A record jump in atmospheric carbon dioxide levels in 2015 hints at a shortening timeline to hold global warming below the long-term target of 1.5ºC above pre-industrial averages that negotiators adopted at the 2015 United Nations climate summit in Paris.
CO2 levels measured at the Mauna Loa Observatory in Hawaii showed an average annual increase of 3.05 parts per million during 2015, the highest on record. As well, “atmospheric carbon dioxide concentrations have spiked more in the period from February 2015 to February 2016 than in any other comparable period dating back to 1959,” the Washington Post reports, citing the U.S. National Oceanic and Atmospheric Administration.
Beyond the absolute jump over the past year, CO2 levels have now increased by more than 2 parts per million in each of the last four years. “We’ve never seen that,” said Pieter Tans, lead scientist at NOAA’s Global Greenhouse Gas Reference Network. “That’s unprecedented.”

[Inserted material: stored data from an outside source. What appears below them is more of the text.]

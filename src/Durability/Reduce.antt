-- ===== src/Durability/Reduce.antt =====
-- `reduce_run` and the run's state machine of durability.py.
use aegis_framework_platform.Base.{
  ◌+◌, String, Bool, true, false, not, Option, none, some, List, [], ◌∷◌, nat_beq, ◌==◌,
  if◌then◌else◌, string_eq, integrity_failure, Result, ok, err, or_raise, ◌>>=◌, ◌>>◌, raise_if,
}
use aegis_framework_platform.Base.Dict.{get}
use aegis_framework_platform.Runtime.{Json, text, null, Payload, Runtime, json_str, is_identifier}
use aegis_framework_platform.Durability.{
  RunStatus, queued, running, waiting, completed, failed, cancel_requested, cancelled, timed_out,
  ApplicationEvent, RunView,
}

-- The table of `reduce_run`.
unfoldable pub status_by_event : String → Option RunStatus
status_by_event t =
    if t == "investigation.requested"
    then some queued
    else if t == "investigation.started"
    then some running
    else if t == "investigation.evidence_collected"
    then some running
    else if t == "investigation.graph_completed"
    then some running
    else if t == "investigation.waiting"
    then some waiting
    else if t == "investigation.cancel_requested"
    then some cancel_requested
    else if t == "investigation.completed"
    then some completed
    else if t == "investigation.failed"
    then some failed
    else if t == "investigation.cancelled"
    then some cancelled
    else if t == "investigation.timed_out"
    then some timed_out
    else none

-- The table of `_validate_run_transition`.
unfoldable pub allowed : RunStatus → RunStatus → Bool
allowed queued running = true
allowed queued queued = true
allowed queued cancel_requested = true
allowed queued failed = true
allowed running running = true
allowed running waiting = true
allowed running completed = true
allowed running cancel_requested = true
allowed running failed = true
allowed running timed_out = true
allowed waiting waiting = true
allowed waiting completed = true
allowed waiting cancel_requested = true
allowed waiting failed = true
allowed waiting timed_out = true
allowed cancel_requested cancelled = true
allowed _ _ = false

unfoldable pub validate_run_transition : RunStatus → RunStatus → Result (Unit {0})
validate_run_transition previous current =
    raise_if (not (allowed previous current)) integrity_failure

-- The event's status: a resume keeps the current one.
unfoldable pub event_status : Option RunView → String → Option RunStatus
event_status none t = status_by_event t
event_status (some current) t =
    if t == "investigation.resume_requested" then some current.status else status_by_event t

-- `failure_code` must be absent, null or a text.
unfoldable pub failure_code_of : Option Json → Result (Option String)
failure_code_of none = ok none
failure_code_of (some null) = ok none
failure_code_of (some (text s)) = ok (some s)
failure_code_of (some j) = err integrity_failure

module _ (rt : Runtime) where
  -- `str(event.payload[key])`, whose `KeyError` becomes an integrity failure
  unfoldable pub required_text : Payload → String → Result String
  unfolding or_raise
  required_text payload key = do ok (json_str rt (← or_raise (get key payload) integrity_failure))

  -- The same for a field of type `Identifier`, whose `ValidationError` becomes one too
  unfoldable pub required_identifier : Payload → String → Result String
  unfolding required_text
  required_identifier payload key = do
    value ← required_text payload key
    raise_if (not (is_identifier value)) integrity_failure
    ok value

  -- The branch of `reduce_run` where there is no current projection.
  unfoldable pub first_view : RunStatus → ApplicationEvent → Result RunView
  unfolding required_identifier
  first_view status event = do
    raise_if (not (event.event_type == "investigation.requested")) integrity_failure
    run_id ← required_identifier event.payload "run_id"
    incident_id ← required_identifier event.payload "incident_id"
    request_ref ← required_identifier event.payload "request_ref"
    workflow_id ← required_identifier event.payload "workflow_id"
    ok (record {
      tenant_id = event.tenant_id;
      run_id = run_id;
      incident_id = incident_id;
      request_ref = request_ref;
      workflow_id = workflow_id;
      status = status;
      version = event.aggregate_sequence;
      last_cursor = event.tenant_cursor;
      created_at = event.occurred_at;
      updated_at = event.occurred_at;
      failure_code = none;
      replayed = false;
    })

  -- The branch of `reduce_run` that updates the current projection.
  unfoldable pub next_view : RunView → RunStatus → Option String → ApplicationEvent → Result RunView
  unfolding validate_run_transition
  next_view current status failure_code event = do
    raise_if (not (nat_beq event.aggregate_sequence (current.version + 1))) integrity_failure
    validate_run_transition current.status status
    ok (record current {
      failure_code = failure_code;
      last_cursor = event.tenant_cursor;
      replayed = false;
      status = status;
      updated_at = event.occurred_at;
      version = event.aggregate_sequence;
    })

  unfoldable pub view_from :
      Option RunView → RunStatus → Option String → ApplicationEvent → Result RunView
  unfolding first_view next_view
  view_from none status failure_code event = first_view status event
  view_from (some current) status failure_code event = next_view current status failure_code event

  unfoldable pub reduce_run : Option RunView → ApplicationEvent → Result RunView
  unfolding event_status or_raise failure_code_of view_from
  reduce_run current event = do
    status ← or_raise (event_status current event.event_type) integrity_failure
    failure_code ← failure_code_of (get "failure_code" event.payload)
    view_from current status failure_code event

  -- Any number of events, oldest first.
  unfoldable pub reduce_runs : Option RunView → List ApplicationEvent → Result (Option RunView)
  reduce_runs current [] = ok current
  reduce_runs current (event ∷ rest) = do
    next ← reduce_run current event
    reduce_runs (some next) rest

The Earth last experienced such sustained CO2 rise during the end of the last glacial age, between 17,000 and 11,000 years ago. Greenhouse gas concentrations are now rising 200 times faster than they did then.
In November 2014, Carbon Brief calculated that the world had just 72 months of then-current emissions left in the global carbon budget that would give Earth’s climate a two-thirds chance of staying below the 1.5°C target. That timetable, already down to 56 months, may now need to be shortened again.